━━ Given data ━━
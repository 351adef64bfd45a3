-- ===== src/Device/Cursor/Laws.antt =====
-- The laws of device/cursor.rs: where a seek leads, and what a write does at the position.
use zoned.Base.{
  ℕ, suc, ◌+◌, ◌*◌, ◌-◌, ◌/◌, ◌%◌, ◌^◌, ◌≤◌, ◌<◌, ◌≡◌, ◌⊎◌, inl, inr, refl, ap, some, List, arith,
  leb, ◌==◌, Bool-cases, take, length, u64_mod, pos, negsuc,
}
use zoned.Errors.{
  ZonedError, wrapped, convert_err, and_then, return, ◌>>◌, custom, unsupported, Outcome, IoError,
  ok, err, panic, timeout,
}
use zoned.Types.{Sector, sector_size, from_bytes}
use zoned.Device.{ZonedDevice}
use zoned.Device.Storage.{Same, overlay, Honest, Storage}
use zoned.Device.Write.{write_at-bytes}
use zoned.Device.Cursor.{
  Cursor, SeekFrom, start, current, end, at_sector, sector_position, advance, write, seek,
  seek_overflow, seek_underflow, seek_unaligned,
}

-- The position `t` that a seek from `p` asks for, over unbounded integers.
abbrev pub Asks : SeekFrom → ℕ → ℕ → Type 0
Asks (start offset) p t = t ≡ offset
Asks (current (pos n)) p t = t ≡ p + n
Asks (current (negsuc n)) p t = t + suc n ≡ p
Asks (end _) p t = ⊥

-- A position that a cursor may take.
abbrev pub Allowed : ℕ → Type 0
Allowed t = (t < u64_mod) × (t % sector_size ≡ 0)

abbrev InRange : SeekFrom → Type 0
InRange (start offset) = offset < u64_mod
InRange (current _) = Unit {0}
InRange (end _) = Unit {0}

module _ {W : Type 0} (c : Cursor W) (w : W) where
  -- A seek goes to the position that it asks for, if that is a multiple of 512 that fits 64 bits.
  -- If no such position is asked for, it fails and leaves the cursor as it was. The world below is
  -- never touched.
  pub seek-Asks :
      (from : SeekFrom)
      → InRange from
      → c.position < u64_mod
      → ((t : ℕ) × Asks from c.position t
          × Allowed t
          × (seek from (c, w) ≡ (ok t, (record c { position = t }, w))))
        ⊎ ((e : IoError) × ((t : ℕ) → Asks from c.position t → ¬ Allowed t)
            × (seek from (c, w) ≡ (err e, (c, w))))
  unfolding seek
  seek-Asks (start offset) h k = elim (Bool-cases (offset % sector_size == 0)) [
    | inl whole ↦ inl (offset, refl, (h, ground arith), rw whole)
    | inr part ↦ inr (seek_unaligned, (λ t e a. ground (arith, a)), rw part)
  ]
  seek-Asks (current (pos n)) h k = elim (Bool-cases (leb u64_mod (c.position + n))) [
    | inl over ↦ inr (seek_overflow, (λ t e a. ground (arith, a)), rw over)
    | inr fits ↦ rw fits (elim (Bool-cases ((c.position + n) % sector_size == 0)) [
      | inl whole ↦ inl (c.position + n, refl, (ground arith, ground arith), rw whole)
      | inr part ↦ inr (seek_unaligned, (λ t e a. ground (arith, a)), rw part)
    ])
  ]
  seek-Asks (current (negsuc n)) h k = elim (Bool-cases (leb (suc n) c.position)) [
    | inr under ↦ inr (seek_underflow, (λ t e a. ground (arith, a)), rw under)
    | inl fits ↦ rw fits (elim (Bool-cases ((c.position - suc n) % sector_size == 0)) [
      | inl whole ↦ inl (c.position - suc n, ground arith, (ground arith, ground arith), rw whole)
      | inr part ↦ inr (seek_unaligned, (λ t e a. ground (arith, a)), rw part)
    ])
  ]
  seek-Asks (end k') h k = inr (
    custom unsupported
        "SeekFrom::End is not supported for block devices (unknown size at this layer)",
    (λ t e a. e),
    refl,
  )

-- The position of a cursor that is put at a sector is that sector modulo 2^55, for the byte offset
-- is taken modulo 2^64: below 2^55 it is the sector itself.
pub sector_position-at_sector :
    {W : Type 0} (d : ZonedDevice W) (s : Sector)
    → sector_position (at_sector d s) ≡ some (s % 2 ^ 55)
unfolding sector_position at_sector
sector_position-at_sector d s = ground arith

module _ {W : Type 0} (media : W → ℕ → ℕ) where
  -- What a write of `buf` through the cursor `c` may come to, over the medium `m`.
  abbrev pub Puts : (ℕ → ℕ) → Cursor W → List ℕ → Outcome IoError ℕ × (Cursor W × W) → Type 0
  Puts m c buf (ok n, (c', w)) =
      (c.position % sector_size ≡ 0)
      × (n ≤ length buf)
      × Same (media w) (overlay m c.position (take n buf))
      × (c' ≡ record c { position = c.position + n })
      × (length buf % sector_size ≡ 0 → (c.position + n) % sector_size ≡ 0)
  Puts m c buf (err e, (c', w)) = Same (media w) m × (c' ≡ c)
  Puts m c buf (panic, s) = ⊥
  Puts m c buf (timeout, s) = ⊥

  advance-Puts :
      (m : ℕ → ℕ) (c : Cursor W) (buf : List ℕ) (r : Outcome ZonedError ℕ × W)
      → c.position % sector_size ≡ 0
      → c.position + length buf < u64_mod
      → Honest media m c.position buf r
      → Puts m c buf (and_then (convert_err wrapped r.0, (c, r.1)) (λ n. advance n >> return n))
  advance-Puts m c buf (ok n, w) whole fits h = (
    whole,
    h.0,
    h.2,
    ap (λ (k : ℕ). record c { position = k }) (omega (arith, h.0)),
    λ p. omega (arith, h.1 p),
  )
  advance-Puts m c buf (err e, w) whole fits h = (h, refl)
  advance-Puts m c buf (panic, w) whole fits h = elim h [ ]
  advance-Puts m c buf (timeout, w) whole fits h = elim h [ ]

  -- On a device whose writes are honest, a write through a cursor puts the bytes that it reports at
  -- the cursor's byte position and moves the position behind them, to a multiple of 512 if the
  -- buffer is whole sectors. It succeeds only from a position that is a multiple of 512, and an
  -- error changes neither the medium nor the cursor.
  pub write-Puts :
      (c : Cursor W) (buf : List ℕ) (w : W)
      → Storage c.device media
      → c.position + length buf < u64_mod
      → Puts (media w) c buf (write buf (c, w))
  unfolding write from_bytes
  write-Puts c buf w storage fits = elim (Bool-cases (c.position % sector_size == 0)) [
    | inr part ↦ rw part ((λ i. refl), refl)
    | inl whole ↦
        let sector : c.position / sector_size * sector_size ≡ c.position = ground arith in
        rw (whole, write_at-bytes c.device (c.position / sector_size) buf w (omega arith), sector)
          (advance-Puts (media w) c buf _ (ground arith) fits (storage.honest buf c.position w))
  ]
━━━
**Exercise details:** The response consists of the lines above that contain "Allowed".

**Result for this task:**
abbrev pub Allowed : ℕ → Type 0
Allowed t = (t < u64_mod) × (t % sector_size ≡ 0)
          × Allowed t
        ⊎ ((e : IoError) × ((t : ℕ) → Asks from c.position t → ¬ Allowed t)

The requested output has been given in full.